Dataset entries:

========================================

-- ===== src/Uffd/Tests.antt =====
-- The theorems about pkg/uffd at concrete inputs, and runs of its functions.
use sandboxer.Prelude.{
  ◌/◌, ◌%◌, true, List, not, false, some, ◌&&◌, ◌∷◌, [], ◌+◌, ◌-◌, ◌^◌, ◌≤◌, ◌<◌, ◌≡◌, ◌≢◌, refl,
  none, some, [], ◌∷◌, arith, ◌⊎◌, min, ◌&&◌,
}
use sandboxer.Sparse.{Extent, in_extents}
use sandboxer.Uffd.Fault.{Window, aligned_page_start, aligned_page_end, chunk_population_bounds}
use sandboxer.Uffd.Fault.Bounds.{chunk_population_bounds_lem}
use sandboxer.Uffd.Capture.{capture_memory_layout}
use sandboxer.Uffd.Capture.Layout.{Divides, is_absent, capture_memory_layout-Divides}
use sandboxer.Uffd.State.{PageStateMap, state_absent, state_loaded, get, run_length, run_bounds}
use sandboxer.Uffd.State.Runs.{run_bounds_maximal}
use sandboxer.Uffd.AddressMap.{
  AddressMap, new_address_map, process_ch, register_vma, add_uffd, after_register, bind_initial,
  page_size, ch_region_bounds, locate, registration, invalidate,
}
use sandboxer.Uffd.AddressMap.WellFormed.{IsWellFormed}
use sandboxer.Uffd.AddressMap.Lookup.{address, locate-registration, register_vma-locate}
use sandboxer.Uffd.AddressMap.Invalidate.{Clear, invalidate-Clear}
use sandboxer.Uffd.AddressMap.Reached.{
  Reach, here, next, registers, binds, adds, unmaps, map-IsWellFormed,
}

abbrev table : PageStateMap
table = record { pages = 0 ∷ 1 ∷ 1 ∷ 2 ∷ 1 ∷ [] }

run_length_two : run_length table 1 4 state_loaded ≡ 2
unfolding run_length
run_length_two = refl

run_bounds_maximal_example :
    let (start, end) = run_bounds table 2 0 5 state_loaded in
    ((1 < start) ⊎ (end ≤ 1) ⊎ (get table 1 ≡ state_loaded))
    × (0 ≤ start)
    × (start ≤ 2)
    × (2 < end)
    × (end ≤ min 5 5)
    × ((start ≡ 0) ⊎ (get table (start - 1) ≢ state_loaded))
    × ((end ≡ min 5 5) ⊎ (get table end ≢ state_loaded))
unfolding run_bounds get
run_bounds_maximal_example =
    run_bounds_maximal table 2 0 5 state_loaded 1 (omega arith) (omega arith) refl

-- The backend maps the whole memfd; CloudHypervisor maps it in two parts, around a hole.
abbrev empty_map : AddressMap
empty_map = new_address_map 16384

abbrev low_map : AddressMap
low_map = (register_vma empty_map process_ch 4096 8192 0).1

abbrev bound_map : AddressMap
bound_map = (bind_initial low_map 7).1

abbrev two_regions : AddressMap
two_regions = (add_uffd bound_map false true true 9 40960 8192 8192).1

two_regions-Reach : Reach (new_address_map 16384) two_regions
two_regions-Reach =
    next (next (next here (registers process_ch 4096 8192 0 (omega arith) (omega arith))) (binds 7))
      (adds false true true 9 40960 8192 8192 (omega arith) (omega arith))

map-IsWellFormed_example : IsWellFormed (invalidate two_regions 7 8192 12288)
map-IsWellFormed_example =
    map-IsWellFormed 16384 (omega arith) (next two_regions-Reach (unmaps 7 8192 12288))

invalidate-Clear_example : Clear 7 8192 12288 (invalidate two_regions 7 8192 12288).vmas
invalidate-Clear_example = invalidate-Clear two_regions 7 8192 12288 (omega arith) refl refl

located : locate two_regions 45000 ≡ some 12232
unfolding locate add_uffd after_register register_vma bind_initial new_address_map
located = refl

same_memfd : two_regions.memfd_len < 2 ^ 64
unfolding add_uffd after_register register_vma bind_initial new_address_map
same_memfd = omega arith

locate-registration_example :
    (registration two_regions 12232 100 ≡ none)
    ⊎ (address (registration two_regions 12232 100) ≡ some 45000)
locate-registration_example =
    locate-registration two_regions 45000 12232 100 same_memfd (omega arith)
      (map-IsWellFormed 16384 (omega arith) two_regions-Reach) located

bound_memfd : bound_map.memfd_len < 2 ^ 64
unfolding register_vma bind_initial new_address_map
bound_memfd = omega arith

accepted : (register_vma bound_map process_ch 40960 8192 8192).0 ≡ none
unfolding register_vma bind_initial new_address_map
accepted = refl

register_vma-locate_example :
    (locate (register_vma bound_map process_ch 40960 8192 8192).1 (40960 + 4040)
      ≡ some (8192 + 4040))
    × ((locate (register_vma bound_map process_ch 40960 8192 8192).1 5000 ≡ locate bound_map 5000)
        ⊎ (locate bound_map 5000 ≡ none))
register_vma-locate_example =
    register_vma-locate bound_map 40960 8192 8192 4040 5000 bound_memfd (omega arith) (omega arith)
      (omega arith) accepted

-- Of the five pages of the table, the first is Absent; the hole covers the first two.
abbrev first_pages : List Extent
first_pages = record { offset = 0; size = 8192 } ∷ []

capture_memory_layout-Divides_example :
    Divides table 20480 5000
      (in_extents 5000 first_pages && is_absent table 5000)
      (in_extents 5000 first_pages && not (is_absent table 5000))
      (capture_memory_layout false table 20480 (some first_pages))
capture_memory_layout-Divides_example =
    capture_memory_layout-Divides false table 20480 5000 first_pages (omega arith)

abbrev absent_pages : PageStateMap
absent_pages = record { pages = 0 ∷ 0 ∷ 0 ∷ 1 ∷ [] }

abbrev whole_window : Window
whole_window = record { offset = 0; end = 16384; is_data = true }

first_region : ch_region_bounds two_regions 0 ≡ some (0, 8192)
unfolding ch_region_bounds add_uffd after_register register_vma bind_initial new_address_map
first_region = refl

chunk_population_bounds_lem_example :
    let (start, end, more) =
      chunk_population_bounds two_regions absent_pages 16384 whole_window 0 0 in
    (more ≡ false)
    ⊎ ((start ≤ 0)
        × (4096 ≤ end)
        × (start % page_size ≡ 0)
        × (end % page_size ≡ 0)
        × (0 ≤ start)
        × (0 ≤ start)
        × (end ≤ 16384)
        × (end ≤ 16384)
        × (end ≤ 8192)
        × ((1 < start / page_size) ⊎ (end / page_size ≤ 1) ⊎ (get absent_pages 1 ≡ state_absent)))
chunk_population_bounds_lem_example =
    chunk_population_bounds_lem two_regions absent_pages 16384 whole_window 0 0 8192 1 (omega arith)
      first_region

chunk_population_bounds_region :
    chunk_population_bounds two_regions absent_pages 16384 whole_window 0 0 ≡ (0, 8192, true)
unfolding chunk_population_bounds ch_region_bounds add_uffd after_register register_vma bind_initial
    new_address_map run_bounds aligned_page_start aligned_page_end
chunk_population_bounds_region = refl
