-- ===== src/Usage.antt =====
-- pkg/usage: host-owned resource accounting, as far as it is arithmetic.
pub mod Number
pub mod Accumulate
pub mod Counting
mod Tests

========================================

▶ **EXERCISE BRIEF**:
Return the entries in full. Do not alter them.

▶ **ANSWER FOR THE TASK**:
-- ===== src/Uffd/Tests.antt =====
-- The theorems about pkg/uffd at concrete inputs, and runs of its functions.
use sandboxer.Prelude.{
  ◌/◌, ◌%◌, true, List, not, false, some, ◌&&◌, ◌∷◌, [], ◌+◌, ◌-◌, ◌^◌, ◌≤◌, ◌<◌, ◌≡◌, ◌≢◌, refl,
  none, some, [], ◌∷◌, arith, ◌⊎◌, min, ◌&&◌,
}
use sandboxer.Sparse.{Extent, in_extents}
use sandboxer.Uffd.Fault.{Window, aligned_page_start, aligned_page_end, chunk_population_bounds}
use sandboxer.Uffd.Fault.Bounds.{chunk_population_bounds_lem}
use sandboxer.Uffd.Capture.{capture_memory_layout}
use sandboxer.Uffd.Capture.Layout.{Divides, is_absent, capture_memory_layout-Divides}
use sandboxer.Uffd.State.{PageStateMap, state_absent, state_loaded, get, run_length, run_bounds}
use sandboxer.Uffd.State.Runs.{run_bounds_maximal}
use sandboxer.Uffd.AddressMap.{
  AddressMap, new_address_map, process_ch, register_vma, add_uffd, after_register, bind_initial,
  page_size, ch_region_bounds, locate, registration, invalidate,
}
use sandboxer.Uffd.AddressMap.WellFormed.{IsWellFormed}
use sandboxer.Uffd.AddressMap.Lookup.{address, locate-registration, register_vma-locate}
use sandboxer.Uffd.AddressMap.Invalidate.{Clear, invalidate-Clear}
use sandboxer.Uffd.AddressMap.Reached.{
  Reach, here, next, registers, binds, adds, unmaps, map-IsWellFormed,
}

abbrev table : PageStateMap
table = record { pages = 0 ∷ 1 ∷ 1 ∷ 2 ∷ 1 ∷ [] }

run_length_two : run_length table 1 4 state_loaded ≡ 2
unfolding run_length
run_length_two = refl

run_bounds_maximal_example :
    let (start, end) = run_bounds table 2 0 5 state_loaded in
    ((1 < start) ⊎ (end ≤ 1) ⊎ (get table 1 ≡ state_loaded))
    × (0 ≤ start)
    × (start ≤ 2)
    × (2 < end)
    × (end ≤ min 5 5)
    × ((start ≡ 0) ⊎ (get table (start - 1) ≢ state_loaded))
    × ((end ≡ min 5 5) ⊎ (get table end ≢ state_loaded))
unfolding run_bounds get
run_bounds_maximal_example =
    run_bounds_maximal table 2 0 5 state_loaded 1 (omega arith) (omega arith) refl

-- The backend maps the whole memfd; CloudHypervisor maps it in two parts, around a hole.
abbrev empty_map : AddressMap
empty_map = new_address_map 16384

abbrev low_map : AddressMap
low_map = (register_vma empty_map process_ch 4096 8192 0).1

abbrev bound_map : AddressMap
bound_map = (bind_initial low_map 7).1

abbrev two_regions : AddressMap
two_regions = (add_uffd bound_map false true true 9 40960 8192 8192).1

two_regions-Reach : Reach (new_address_map 16384) two_regions
two_regions-Reach =
    next (next (next here (registers process_ch 4096 8192 0 (omega arith) (omega arith))) (binds 7))
      (adds false true true 9 40960 8192 8192 (omega arith) (omega arith))

map-IsWellFormed_example : IsWellFormed (invalidate two_regions 7 8192 12288)
map-IsWellFormed_example =
    map-IsWellFormed 16384 (omega arith) (next two_regions-Reach (unmaps 7 8192 12288))

invalidate-Clear_example : Clear 7 8192 12288 (invalidate two_regions 7 8192 12288).vmas
invalidate-Clear_example = invalidate-Clear two_regions 7 8192 12288 (omega arith) refl refl

located : locate two_regions 45000 ≡ some 12232
unfolding locate add_uffd after_register register_vma bind_initial new_address_map
located = refl

same_memfd : two_regions.memfd_len < 2 ^ 64
unfolding add_uffd after_register register_vma bind_initial new_address_map
same_memfd = omega arith

locate-registration_example :
    (registration two_regions 12232 100 ≡ none)
    ⊎ (address (registration two_regions 12232 100) ≡ some 45000)
locate-registration_example =
    locate-registration two_regions 45000 12232 100 same_memfd (omega arith)
      (map-IsWellFormed 16384 (omega arith) two_regions-Reach) located

bound_memfd : bound_map.memfd_len < 2 ^ 64
unfolding register_vma bind_initial new_address_map
bound_memfd = omega arith

accepted : (register_vma bound_map process_ch 40960 8192 8192).0 ≡ none
unfolding register_vma bind_initial new_address_map
accepted = refl

register_vma-locate_example :
    (locate (register_vma bound_map process_ch 40960 8192 8192).1 (40960 + 4040)
      ≡ some (8192 + 4040))
    × ((locate (register_vma bound_map process_ch 40960 8192 8192).1 5000 ≡ locate bound_map 5000)
        ⊎ (locate bound_map 5000 ≡ none))
register_vma-locate_example =
    register_vma-locate bound_map 40960 8192 8192 4040 5000 bound_memfd (omega arith) (omega arith)
      (omega arith) accepted

-- Of the five pages of the table, the first is Absent; the hole covers the first two.
abbrev first_pages : List Extent
first_pages = record { offset = 0; size = 8192 } ∷ []

capture_memory_layout-Divides_example :
    Divides table 20480 5000
      (in_extents 5000 first_pages && is_absent table 5000)
      (in_extents 5000 first_pages && not (is_absent table 5000))
      (capture_memory_layout false table 20480 (some first_pages))
capture_memory_layout-Divides_example =
    capture_memory_layout-Divides false table 20480 5000 first_pages (omega arith)

abbrev absent_pages : PageStateMap
absent_pages = record { pages = 0 ∷ 0 ∷ 0 ∷ 1 ∷ [] }

abbrev whole_window : Window
whole_window = record { offset = 0; end = 16384; is_data = true }

first_region : ch_region_bounds two_regions 0 ≡ some (0, 8192)
unfolding ch_region_bounds add_uffd after_register register_vma bind_initial new_address_map
first_region = refl

chunk_population_bounds_lem_example :
    let (start, end, more) =
      chunk_population_bounds two_regions absent_pages 16384 whole_window 0 0 in
    (more ≡ false)
    ⊎ ((start ≤ 0)
        × (4096 ≤ end)
        × (start % page_size ≡ 0)
        × (end % page_size ≡ 0)
        × (0 ≤ start)
        × (0 ≤ start)
        × (end ≤ 16384)
        × (end ≤ 16384)
        × (end ≤ 8192)
        × ((1 < start / page_size) ⊎ (end / page_size ≤ 1) ⊎ (get absent_pages 1 ≡ state_absent)))
chunk_population_bounds_lem_example =
    chunk_population_bounds_lem two_regions absent_pages 16384 whole_window 0 0 8192 1 (omega arith)
      first_region

chunk_population_bounds_region :
    chunk_population_bounds two_regions absent_pages 16384 whole_window 0 0 ≡ (0, 8192, true)
unfolding chunk_population_bounds ch_region_bounds add_uffd after_register register_vma bind_initial
    new_address_map run_bounds aligned_page_start aligned_page_end
chunk_population_bounds_region = refl
-- ===== src/Usage.antt =====
-- pkg/usage: host-owned resource accounting, as far as it is arithmetic.
pub mod Number
pub mod Accumulate
pub mod Counting
mod Tests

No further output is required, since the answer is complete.